EXERCISE DETAILS >>
Would you repeat every line of the material exactly?
####################
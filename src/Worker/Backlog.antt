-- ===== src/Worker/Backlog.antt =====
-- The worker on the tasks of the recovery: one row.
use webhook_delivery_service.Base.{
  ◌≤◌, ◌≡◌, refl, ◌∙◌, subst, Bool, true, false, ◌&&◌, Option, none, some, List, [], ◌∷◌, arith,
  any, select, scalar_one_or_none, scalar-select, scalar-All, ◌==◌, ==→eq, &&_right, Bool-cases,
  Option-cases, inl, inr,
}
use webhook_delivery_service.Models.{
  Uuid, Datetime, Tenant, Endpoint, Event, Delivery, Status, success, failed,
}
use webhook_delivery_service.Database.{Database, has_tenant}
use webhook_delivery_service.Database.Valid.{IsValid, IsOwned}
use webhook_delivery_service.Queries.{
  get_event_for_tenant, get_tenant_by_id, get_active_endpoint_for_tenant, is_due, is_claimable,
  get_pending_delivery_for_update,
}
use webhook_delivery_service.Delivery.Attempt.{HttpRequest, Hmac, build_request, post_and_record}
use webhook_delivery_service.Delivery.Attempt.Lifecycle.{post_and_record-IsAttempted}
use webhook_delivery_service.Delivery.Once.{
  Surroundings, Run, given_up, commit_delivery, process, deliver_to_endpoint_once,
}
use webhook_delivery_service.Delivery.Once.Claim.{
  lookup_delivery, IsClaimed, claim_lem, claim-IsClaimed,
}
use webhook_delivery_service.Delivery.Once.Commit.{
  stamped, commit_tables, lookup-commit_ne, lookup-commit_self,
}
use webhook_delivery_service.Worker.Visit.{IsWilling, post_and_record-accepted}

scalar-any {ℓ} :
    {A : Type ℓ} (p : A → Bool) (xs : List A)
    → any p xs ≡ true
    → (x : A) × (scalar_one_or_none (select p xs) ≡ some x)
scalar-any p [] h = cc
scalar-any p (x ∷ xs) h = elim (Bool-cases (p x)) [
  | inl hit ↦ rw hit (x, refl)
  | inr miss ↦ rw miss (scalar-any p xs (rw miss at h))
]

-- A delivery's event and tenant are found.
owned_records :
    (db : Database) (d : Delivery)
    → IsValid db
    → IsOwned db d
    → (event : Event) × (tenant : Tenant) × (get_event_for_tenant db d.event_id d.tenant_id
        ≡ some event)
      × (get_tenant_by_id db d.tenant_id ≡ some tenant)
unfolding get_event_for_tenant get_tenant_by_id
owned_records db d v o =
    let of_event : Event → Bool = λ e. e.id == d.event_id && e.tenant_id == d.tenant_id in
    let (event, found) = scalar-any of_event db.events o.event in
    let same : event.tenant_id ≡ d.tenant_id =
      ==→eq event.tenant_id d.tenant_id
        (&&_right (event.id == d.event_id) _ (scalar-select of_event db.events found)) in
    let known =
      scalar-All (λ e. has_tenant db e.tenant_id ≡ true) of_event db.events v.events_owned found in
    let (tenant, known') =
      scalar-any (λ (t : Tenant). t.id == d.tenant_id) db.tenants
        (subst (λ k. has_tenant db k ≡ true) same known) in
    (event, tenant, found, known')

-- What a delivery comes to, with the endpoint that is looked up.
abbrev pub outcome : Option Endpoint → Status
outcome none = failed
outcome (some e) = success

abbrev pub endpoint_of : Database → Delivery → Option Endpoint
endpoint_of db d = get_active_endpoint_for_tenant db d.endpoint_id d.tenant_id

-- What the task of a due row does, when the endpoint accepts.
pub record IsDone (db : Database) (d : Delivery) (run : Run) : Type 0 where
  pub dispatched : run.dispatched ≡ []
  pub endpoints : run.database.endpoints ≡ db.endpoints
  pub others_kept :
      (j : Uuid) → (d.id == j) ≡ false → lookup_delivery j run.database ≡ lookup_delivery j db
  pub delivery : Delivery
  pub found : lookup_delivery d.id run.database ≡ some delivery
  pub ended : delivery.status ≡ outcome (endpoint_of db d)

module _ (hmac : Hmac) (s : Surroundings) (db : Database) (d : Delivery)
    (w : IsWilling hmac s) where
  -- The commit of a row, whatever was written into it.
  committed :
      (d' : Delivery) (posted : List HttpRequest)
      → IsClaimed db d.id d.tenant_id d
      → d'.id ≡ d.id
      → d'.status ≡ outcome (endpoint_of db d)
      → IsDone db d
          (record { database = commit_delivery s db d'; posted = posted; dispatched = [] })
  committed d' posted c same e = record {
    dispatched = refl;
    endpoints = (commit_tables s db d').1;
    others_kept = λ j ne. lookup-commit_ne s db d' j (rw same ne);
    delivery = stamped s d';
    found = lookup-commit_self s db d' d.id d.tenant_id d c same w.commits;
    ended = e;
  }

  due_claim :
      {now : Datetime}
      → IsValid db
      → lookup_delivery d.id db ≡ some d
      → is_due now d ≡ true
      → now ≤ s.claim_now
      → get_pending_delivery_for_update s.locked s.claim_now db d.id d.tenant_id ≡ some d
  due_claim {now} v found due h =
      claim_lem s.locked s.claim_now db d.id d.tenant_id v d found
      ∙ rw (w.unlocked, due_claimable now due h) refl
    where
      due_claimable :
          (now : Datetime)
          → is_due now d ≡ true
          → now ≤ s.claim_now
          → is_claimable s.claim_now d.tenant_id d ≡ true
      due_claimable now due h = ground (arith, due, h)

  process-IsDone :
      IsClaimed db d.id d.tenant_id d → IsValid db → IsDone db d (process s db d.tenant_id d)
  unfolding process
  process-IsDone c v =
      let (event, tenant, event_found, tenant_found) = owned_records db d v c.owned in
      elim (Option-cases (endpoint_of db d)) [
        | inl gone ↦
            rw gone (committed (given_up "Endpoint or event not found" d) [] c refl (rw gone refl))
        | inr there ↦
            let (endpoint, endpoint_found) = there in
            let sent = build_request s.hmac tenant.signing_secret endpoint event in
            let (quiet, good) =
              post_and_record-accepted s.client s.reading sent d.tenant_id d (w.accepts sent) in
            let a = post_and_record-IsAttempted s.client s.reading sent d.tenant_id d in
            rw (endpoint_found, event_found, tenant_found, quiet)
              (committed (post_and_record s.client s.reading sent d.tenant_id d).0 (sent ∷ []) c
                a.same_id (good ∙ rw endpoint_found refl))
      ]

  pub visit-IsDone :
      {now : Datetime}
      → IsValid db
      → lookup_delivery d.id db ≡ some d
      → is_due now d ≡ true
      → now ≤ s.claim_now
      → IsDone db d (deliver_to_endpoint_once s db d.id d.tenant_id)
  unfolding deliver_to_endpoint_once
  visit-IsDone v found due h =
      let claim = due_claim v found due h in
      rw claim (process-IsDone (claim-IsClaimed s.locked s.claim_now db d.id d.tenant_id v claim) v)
####################
TASK ANSWER >>
filename src/Worker/Backlog.antt
-- ===== src/Worker/Backlog.antt =====
-- The worker on the tasks of the recovery: one row.
use webhook_delivery_service.Base.{
  ◌≤◌, ◌≡◌, refl, ◌∙◌, subst, Bool, true, false, ◌&&◌, Option, none, some, List, [], ◌∷◌, arith,
  any, select, scalar_one_or_none, scalar-select, scalar-All, ◌==◌, ==→eq, &&_right, Bool-cases,
  Option-cases, inl, inr,
}
use webhook_delivery_service.Models.{
  Uuid, Datetime, Tenant, Endpoint, Event, Delivery, Status, success, failed,
}
use webhook_delivery_service.Database.{Database, has_tenant}
use webhook_delivery_service.Database.Valid.{IsValid, IsOwned}
use webhook_delivery_service.Queries.{
  get_event_for_tenant, get_tenant_by_id, get_active_endpoint_for_tenant, is_due, is_claimable,
  get_pending_delivery_for_update,
}
use webhook_delivery_service.Delivery.Attempt.{HttpRequest, Hmac, build_request, post_and_record}
use webhook_delivery_service.Delivery.Attempt.Lifecycle.{post_and_record-IsAttempted}
use webhook_delivery_service.Delivery.Once.{
  Surroundings, Run, given_up, commit_delivery, process, deliver_to_endpoint_once,
}
use webhook_delivery_service.Delivery.Once.Claim.{
  lookup_delivery, IsClaimed, claim_lem, claim-IsClaimed,
}
use webhook_delivery_service.Delivery.Once.Commit.{
  stamped, commit_tables, lookup-commit_ne, lookup-commit_self,
}
use webhook_delivery_service.Worker.Visit.{IsWilling, post_and_record-accepted}

scalar-any {ℓ} :
    {A : Type ℓ} (p : A → Bool) (xs : List A)
    → any p xs ≡ true
    → (x : A) × (scalar_one_or_none (select p xs) ≡ some x)
scalar-any p [] h = cc
scalar-any p (x ∷ xs) h = elim (Bool-cases (p x)) [
  | inl hit ↦ rw hit (x, refl)
  | inr miss ↦ rw miss (scalar-any p xs (rw miss at h))
]

-- A delivery's event and tenant are found.
owned_records :
    (db : Database) (d : Delivery)
    → IsValid db
    → IsOwned db d
    → (event : Event) × (tenant : Tenant) × (get_event_for_tenant db d.event_id d.tenant_id
        ≡ some event)
      × (get_tenant_by_id db d.tenant_id ≡ some tenant)
unfolding get_event_for_tenant get_tenant_by_id
owned_records db d v o =
    let of_event : Event → Bool = λ e. e.id == d.event_id && e.tenant_id == d.tenant_id in
    let (event, found) = scalar-any of_event db.events o.event in
    let same : event.tenant_id ≡ d.tenant_id =
      ==→eq event.tenant_id d.tenant_id
        (&&_right (event.id == d.event_id) _ (scalar-select of_event db.events found)) in
    let known =
      scalar-All (λ e. has_tenant db e.tenant_id ≡ true) of_event db.events v.events_owned found in
    let (tenant, known') =
      scalar-any (λ (t : Tenant). t.id == d.tenant_id) db.tenants
        (subst (λ k. has_tenant db k ≡ true) same known) in
    (event, tenant, found, known')

-- What a delivery comes to, with the endpoint that is looked up.
abbrev pub outcome : Option Endpoint → Status
outcome none = failed
outcome (some e) = success

abbrev pub endpoint_of : Database → Delivery → Option Endpoint
endpoint_of db d = get_active_endpoint_for_tenant db d.endpoint_id d.tenant_id

-- What the task of a due row does, when the endpoint accepts.
pub record IsDone (db : Database) (d : Delivery) (run : Run) : Type 0 where
  pub dispatched : run.dispatched ≡ []
  pub endpoints : run.database.endpoints ≡ db.endpoints
  pub others_kept :
      (j : Uuid) → (d.id == j) ≡ false → lookup_delivery j run.database ≡ lookup_delivery j db
  pub delivery : Delivery
  pub found : lookup_delivery d.id run.database ≡ some delivery
  pub ended : delivery.status ≡ outcome (endpoint_of db d)

module _ (hmac : Hmac) (s : Surroundings) (db : Database) (d : Delivery)
    (w : IsWilling hmac s) where
  -- The commit of a row, whatever was written into it.
  committed :
      (d' : Delivery) (posted : List HttpRequest)
      → IsClaimed db d.id d.tenant_id d
      → d'.id ≡ d.id
      → d'.status ≡ outcome (endpoint_of db d)
      → IsDone db d
          (record { database = commit_delivery s db d'; posted = posted; dispatched = [] })
  committed d' posted c same e = record {
    dispatched = refl;
    endpoints = (commit_tables s db d').1;
    others_kept = λ j ne. lookup-commit_ne s db d' j (rw same ne);
    delivery = stamped s d';
    found = lookup-commit_self s db d' d.id d.tenant_id d c same w.commits;
    ended = e;
  }

  due_claim :
      {now : Datetime}
      → IsValid db
      → lookup_delivery d.id db ≡ some d
      → is_due now d ≡ true
      → now ≤ s.claim_now
      → get_pending_delivery_for_update s.locked s.claim_now db d.id d.tenant_id ≡ some d
  due_claim {now} v found due h =
      claim_lem s.locked s.claim_now db d.id d.tenant_id v d found
      ∙ rw (w.unlocked, due_claimable now due h) refl
    where
      due_claimable :
          (now : Datetime)
          → is_due now d ≡ true
          → now ≤ s.claim_now
          → is_claimable s.claim_now d.tenant_id d ≡ true
      due_claimable now due h = ground (arith, due, h)

  process-IsDone :
      IsClaimed db d.id d.tenant_id d → IsValid db → IsDone db d (process s db d.tenant_id d)
  unfolding process
  process-IsDone c v =
      let (event, tenant, event_found, tenant_found) = owned_records db d v c.owned in
      elim (Option-cases (endpoint_of db d)) [
        | inl gone ↦
            rw gone (committed (given_up "Endpoint or event not found" d) [] c refl (rw gone refl))
        | inr there ↦
            let (endpoint, endpoint_found) = there in
            let sent = build_request s.hmac tenant.signing_secret endpoint event in
            let (quiet, good) =
              post_and_record-accepted s.client s.reading sent d.tenant_id d (w.accepts sent) in
            let a = post_and_record-IsAttempted s.client s.reading sent d.tenant_id d in
            rw (endpoint_found, event_found, tenant_found, quiet)
              (committed (post_and_record s.client s.reading sent d.tenant_id d).0 (sent ∷ []) c
                a.same_id (good ∙ rw endpoint_found refl))
      ]

  pub visit-IsDone :
      {now : Datetime}
      → IsValid db
      → lookup_delivery d.id db ≡ some d
      → is_due now d ≡ true
      → now ≤ s.claim_now
      → IsDone db d (deliver_to_endpoint_once s db d.id d.tenant_id)
  unfolding deliver_to_endpoint_once
  visit-IsDone v found due h =
      let claim = due_claim v found due h in
      rw claim (process-IsDone (claim-IsClaimed s.locked s.claim_now db d.id d.tenant_id v claim) v)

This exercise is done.